Collected data
=== Begin Enclosure ===

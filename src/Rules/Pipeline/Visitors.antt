-- ===== src/Rules/Pipeline/Visitors.antt =====
-- The visitors of the rules at nodes in DataFusion's own terms.
use datafusion_postgres.Prelude.{◌≡◌, refl}
use datafusion_postgres.Prelude.Lists.{All, All-imp, All-always}
use datafusion_postgres.Prelude.Dict.{Dict}
use datafusion_postgres.Ast.{TableFactor, Expr, Query}
use datafusion_postgres.Rules.{Nodes, IsUntouched, SqlParser}
use datafusion_postgres.Rules.Arrays.{rewrite_any_all, fix_array_literal}
use datafusion_postgres.Rules.Tables.{prepend_pg_catalog}
use datafusion_postgres.Rules.Registers.{LowerCase, rewrite_register}
use datafusion_postgres.Rules.Small.{strip_collate, rewrite_operator, fix_version_column_name}
use datafusion_postgres.Rules.RegCast.{rewrite_reg_cast}
use datafusion_postgres.Rules.Scalars.{remove_subqueries}
use datafusion_postgres.Rules.Pipeline.{
  on_expr, on_table_factor, on_query, strip_callable_qualifier, visitors,
}
use datafusion_postgres.Rules.Pipeline.Plain.{
  IsPlainExpr, IsPlainFactor, IsPlainQuery, IsPlain, any_all_plain, fix_array_plain,
  strip_function_plain, register_plain, collate_plain, operator_plain, reg_cast_plain,
  prepend_plain, strip_table_plain, version_plain, subqueries_plain,
}

module _ {X : Type 0} (unicode : LowerCase) (nodes : Nodes X) (plain : IsPlain unicode nodes) where
  on_expr-IsUntouched :
      (f : Expr X → Expr X)
      → ((expr : Expr X) → IsPlainExpr unicode expr → f expr ≡ expr)
      → IsUntouched (on_expr f) nodes
  unfolding IsUntouched IsPlain
  on_expr-IsUntouched f each = (
    All-always (λ q. refl) nodes.queries,
    All-always (λ t. refl) nodes.table_factors,
    All-imp each nodes.expressions plain.2,
  )

  on_query-IsUntouched :
      (f : Query X → Query X)
      → ((q : Query X) → IsPlainQuery q → f q ≡ q)
      → IsUntouched (on_query f) nodes
  unfolding IsUntouched IsPlain
  on_query-IsUntouched f each = (
    All-imp each nodes.queries plain.0,
    All-always (λ t. refl) nodes.table_factors,
    All-always (λ e. refl) nodes.expressions,
  )

  on_table_factor-IsUntouched :
      (f : TableFactor X → TableFactor X)
      → ((t : TableFactor X) → IsPlainFactor t → f t ≡ t)
      → IsUntouched (on_table_factor f) nodes
  unfolding IsUntouched IsPlain
  on_table_factor-IsUntouched f each = (
    All-always (λ q. refl) nodes.queries,
    All-imp each nodes.table_factors plain.1,
    All-always (λ e. refl) nodes.expressions,
  )

  strip_callable-IsUntouched : IsUntouched strip_callable_qualifier nodes
  unfolding IsUntouched IsPlain
  strip_callable-IsUntouched = (
    All-always (λ q. refl) nodes.queries,
    All-imp strip_table_plain nodes.table_factors plain.1,
    All-imp (strip_function_plain unicode) nodes.expressions plain.2,
  )

  pub visitors-IsUntouched :
      (sqlparser : SqlParser X) (templates : Dict (Query X))
      → All (λ visitor. IsUntouched visitor nodes) (visitors sqlparser unicode templates)
  unfolding visitors
  visitors-IsUntouched sqlparser templates = (
    on_expr-IsUntouched rewrite_any_all (any_all_plain unicode),
    (
      on_table_factor-IsUntouched prepend_pg_catalog prepend_plain,
      (
        strip_callable-IsUntouched,
        (
          on_expr-IsUntouched fix_array_literal (fix_array_plain unicode),
          (
            on_expr-IsUntouched (rewrite_register unicode) (register_plain unicode),
            (
              on_expr-IsUntouched strip_collate (collate_plain unicode),
              (
                on_expr-IsUntouched rewrite_operator (operator_plain unicode),
                (
                  on_expr-IsUntouched (rewrite_reg_cast sqlparser unicode templates)
                      (reg_cast_plain unicode sqlparser templates),
                  (
                    on_query-IsUntouched (remove_subqueries sqlparser) (subqueries_plain sqlparser),
                    (on_query-IsUntouched fix_version_column_name version_plain, tt),
                  ),
                ),
              ),
            ),
          ),
        ),
      ),
    ),
  )
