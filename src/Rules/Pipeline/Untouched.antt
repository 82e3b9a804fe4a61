-- ===== src/Rules/Pipeline/Untouched.antt =====
-- Statements in DataFusion's own terms, through the rules and through `parse`.
use mathlib.Core.Option
use datafusion_postgres.Prelude.{
  String, false, not, Option, none, some, List, [], ◌∷◌, ◌≡◌, ◌⊎◌, refl, ap, ◌∙◌, inl, inr,
  Bool-cases,
}
use datafusion_postgres.Prelude.Lists.{All, any, retain, length}
use datafusion_postgres.Prelude.Dict.{Dict}
use datafusion_postgres.Ast.{
  Ident, SelectItem, SelectItems, no_items, items, unnamed_expr, qualified_wildcard, a_select,
  OptExpr, no_expr, some_expr, OrderBy, no_order, order_expressions, other_order, OrderByExprs,
  no_order_exprs, order_exprs, select, other_body, Query, a_query, Statement, query,
  other_statement, map_items,
}
use datafusion_postgres.Ast.Expr.{identifier, compound_identifier}
use datafusion_postgres.Parser.{Token, is_whitespace, rewrite_abort_to_rollback, Blacklist}
use datafusion_postgres.Parser.Replacement.{
  maybe_replace_tokens_ends, Untouched, maybe_replace_tokens_unmatched,
}
use datafusion_postgres.Rules.{Visitor, IsUntouched, SqlParser}
use datafusion_postgres.Rules.Aliases.{
  wildcard_tables, has_simple_wildcard, qualified, matched, aliased, alias_item, alias_projection,
  rewrite_select_with_alias, alias_duplicated_projection,
}
use datafusion_postgres.Rules.Unqualified.{
  get_table_aliases, get_qualified_wildcard_alias, qualified_wildcards, resolve, rewrite_selection,
  rewrite_order_exprs, rewrite_order, rewrite_unqualified_identifiers,
  resolve_unqualified_identifier,
}
use datafusion_postgres.Rules.Registers.{LowerCase}
use datafusion_postgres.Rules.Pipeline.{visitors, visit_all, rewrite, rewrite_each, parse}
use datafusion_postgres.Rules.Pipeline.Plain.{IsPlain}
use datafusion_postgres.Rules.Pipeline.Visitors.{visitors-IsUntouched}

matched-none : (ends : Option (List Ident × Ident)) → matched [] ends ≡ none
unfolding any
matched-none none = refl
matched-none (some (qualifier, column)) = refl

module _ {X : Type 0} where
  -- A projection without qualified wildcards, and without `*` next to identifiers that have no alias
  abbrev IsUnqualifiedItem : SelectItem X → Type 0
  IsUnqualifiedItem (qualified_wildcard _ _) = ⊥
  IsUnqualifiedItem _ = Unit

  abbrev IsOtherItem : SelectItem X → Type 0
  IsOtherItem (unnamed_expr (identifier _)) = ⊥
  IsOtherItem _ = Unit

  abbrev OfItems : (SelectItem X → Type 0) → SelectItems X → Type 0
  OfItems P no_items = Unit
  OfItems P (items item rest) = P item × OfItems P rest

  unfoldable pub IsPlainStatement : Statement X → Type 0
  IsPlainStatement (query (a_query (select (a_select projection _ _ _)) _ _ _ _)) =
      OfItems IsUnqualifiedItem projection
      × (has_simple_wildcard projection ≡ false ⊎ OfItems IsOtherItem projection)
  IsPlainStatement _ = Unit

  wildcard_tables_none :
      (projection : SelectItems X)
      → OfItems IsUnqualifiedItem projection
      → (wildcard_tables projection ≡ some []) × (qualified_wildcards projection ≡ some [])
  unfolding wildcard_tables
  wildcard_tables_none no_items h = (refl, refl)
  wildcard_tables_none (items (qualified_wildcard name x) rest) h = absurd h.0
  wildcard_tables_none (items _ rest) h = wildcard_tables_none rest h.1

  module _ (sqlparser : SqlParser X) where
    alias_item_kept : (item : SelectItem X) → IsOtherItem item → alias_item sqlparser [] item ≡ item
    unfolding alias_item
    alias_item_kept (unnamed_expr (identifier i)) h = absurd h
    alias_item_kept (unnamed_expr (compound_identifier idents)) h =
        ap (aliased sqlparser (compound_identifier idents)) (matched-none (qualified idents))
    alias_item_kept _ h = refl

    map_items_kept :
        (projection : SelectItems X)
        → OfItems IsOtherItem projection
        → map_items (alias_item sqlparser []) projection ≡ projection
    unfolding map_items
    map_items_kept no_items h = refl
    map_items_kept (items item rest) h = rw (alias_item_kept item h.0, map_items_kept rest h.1) refl

    alias_projection_kept :
        (projection : SelectItems X)
        → has_simple_wildcard projection ≡ false ⊎ OfItems IsOtherItem projection
        → alias_projection sqlparser [] projection ≡ projection
    alias_projection_kept projection (inl tame) = rw tame refl
    alias_projection_kept projection (inr other) =
        elim (Bool-cases (has_simple_wildcard projection)) [
          | inl wild ↦ rw wild (map_items_kept projection other)
          | inr tame ↦ rw tame refl
        ]

    alias_plain :
        (s : Statement X) → IsPlainStatement s → alias_duplicated_projection sqlparser s ≡ some s
    unfolding alias_duplicated_projection rewrite_select_with_alias IsPlainStatement
    alias_plain (query (a_query (select (a_select p from filter rest)) order limit fetch more)) h =
        rw ((wildcard_tables_none p h.0).0, alias_projection_kept p h.1) refl
    alias_plain _ h = refl

  resolve-none :
      (tables : List String) (projection : SelectItems X) (filter : OptExpr X)
      → rewrite_selection (resolve tables none projection) filter ≡ filter
  resolve-none tables projection no_expr = refl
  resolve-none tables projection (some_expr expr) = refl

  order_exprs_none :
      (tables : List String) (projection : SelectItems X) (order : OrderByExprs X)
      → rewrite_order_exprs (resolve tables none projection) order ≡ order
  order_exprs_none tables projection no_order_exprs = refl
  order_exprs_none tables projection (order_exprs expr options rest) =
      ap (order_exprs expr options) (order_exprs_none tables projection rest)

  order_none :
      (tables : List String) (projection : SelectItems X) (order : OrderBy X)
      → rewrite_order (resolve tables none projection) order ≡ order
  order_none tables projection (order_expressions order rest) =
      ap (λ o. order_expressions o rest) (order_exprs_none tables projection order)
  order_none tables projection no_order = refl
  order_none tables projection (other_order x) = refl

  resolve_plain : (s : Statement X) → IsPlainStatement s → resolve_unqualified_identifier s ≡ some s
  unfolding resolve_unqualified_identifier rewrite_unqualified_identifiers
      get_qualified_wildcard_alias IsPlainStatement
  resolve_plain (query (a_query (select (a_select p from filter rest)) order limit fetch more)) h =
      rw
        (
          (wildcard_tables_none p h.0).1,
          resolve-none (get_table_aliases from) p filter,
          order_none (get_table_aliases from) p order,
        )
        refl
  resolve_plain (query (a_query (other_body x) order limit fetch more)) h = refl
  resolve_plain (other_statement x) h = refl

module _ {X : Type 0} (sqlparser : SqlParser X) (unicode : LowerCase)
    (templates : Dict (Query X)) where
  visit_all_untouched :
      (s : Statement X) (vs : List (Visitor X))
      → All (λ visitor. IsUntouched visitor (sqlparser.nodes s)) vs
      → visit_all sqlparser unicode templates vs s ≡ s
  visit_all_untouched s [] h = refl
  visit_all_untouched s (visitor ∷ vs) h =
      rw (sqlparser.visit_untouched visitor s h.0) (visit_all_untouched s vs h.1)

  abbrev pub IsNative : Statement X → Type 0
  IsNative s = IsPlainStatement s × IsPlain unicode (sqlparser.nodes s)

  pub rewrite_plain :
      (s : Statement X) → IsNative s → rewrite sqlparser unicode templates s ≡ some s
  unfolding rewrite Option.bind
  rewrite_plain s (top, plain) =
      rw
        (
          alias_plain sqlparser s top,
          resolve_plain s top,
          visit_all_untouched s (visitors sqlparser unicode templates)
              (visitors-IsUntouched unicode (sqlparser.nodes s) plain sqlparser templates),
        )
        refl

  rewrite_each_plain :
      (statements : List (Statement X))
      → All IsNative statements
      → rewrite_each sqlparser unicode templates statements ≡ some statements
  unfolding Option.bind
  rewrite_each_plain [] h = refl
  rewrite_each_plain (s ∷ statements) h =
      rw (rewrite_plain s h.0, rewrite_each_plain statements h.1) refl

  module _ {E : Type 0} (tokenize : String → E ⊎ List Token)
      (parse_tokens : List Token → E ⊎ List (Statement X)) where
    abbrev pub prepared : List Token → List Token
    prepared tokens = rewrite_abort_to_rollback (retain (λ t. not (is_whitespace t)) tokens)

    -- `PostgresCompatibilityParser::parse` gives the statements that sqlparser reads in the tokens, with
    -- ROLLBACK for ABORT and without whitespace, and panics on none of them, if no pattern of the
    -- blacklist matches and every statement is in DataFusion's own terms: its projection has no qualified
    -- wildcard and no bare identifier next to `*`, and no node of it has what the visitors look for, which
    -- are quantified comparisons that they lower, COLLATE, operators and functions with a schema, special
    -- registers, casts of literals and parameters, bare relations of pg_catalog, projected subqueries and
    -- `version()` without an alias.
    pub parse_plain :
        (blacklist : Blacklist) (input : String) (tokens : List Token)
        → tokenize input ≡ inr tokens
        → Untouched blacklist (prepared tokens)
        → (statements : List (Statement X)) → parse_tokens (prepared tokens) ≡ inr statements
        → All IsNative statements
        → parse sqlparser unicode templates tokenize parse_tokens blacklist input
          ≡ some (inr statements)
    unfolding parse Option.bind
    parse_plain blacklist input tokens e untouched statements parsed native =
        let (out, ended) = maybe_replace_tokens_ends blacklist tokens in
        let same =
          maybe_replace_tokens_unmatched (length tokens) blacklist tokens out untouched ended in
        rw (e, ended ∙ ap some same, parsed, rewrite_each_plain statements native) refl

=== End Enclosure ===

* _Required work_
All that belongs in the answer is the run of lines above from the line containing "filter ≡ filter" through the line containing "rewrite_order_exprs (resolve tables", exactly as written.

* _Answer to this exercise_
      → rewrite_selection (resolve tables none projection) filter ≡ filter
  resolve-none tables projection no_expr = refl
  resolve-none tables projection (some_expr expr) = refl

  order_exprs_none :
      (tables : List String) (projection : SelectItems X) (order : OrderByExprs X)
      → rewrite_order_exprs (resolve tables none projection) order ≡ order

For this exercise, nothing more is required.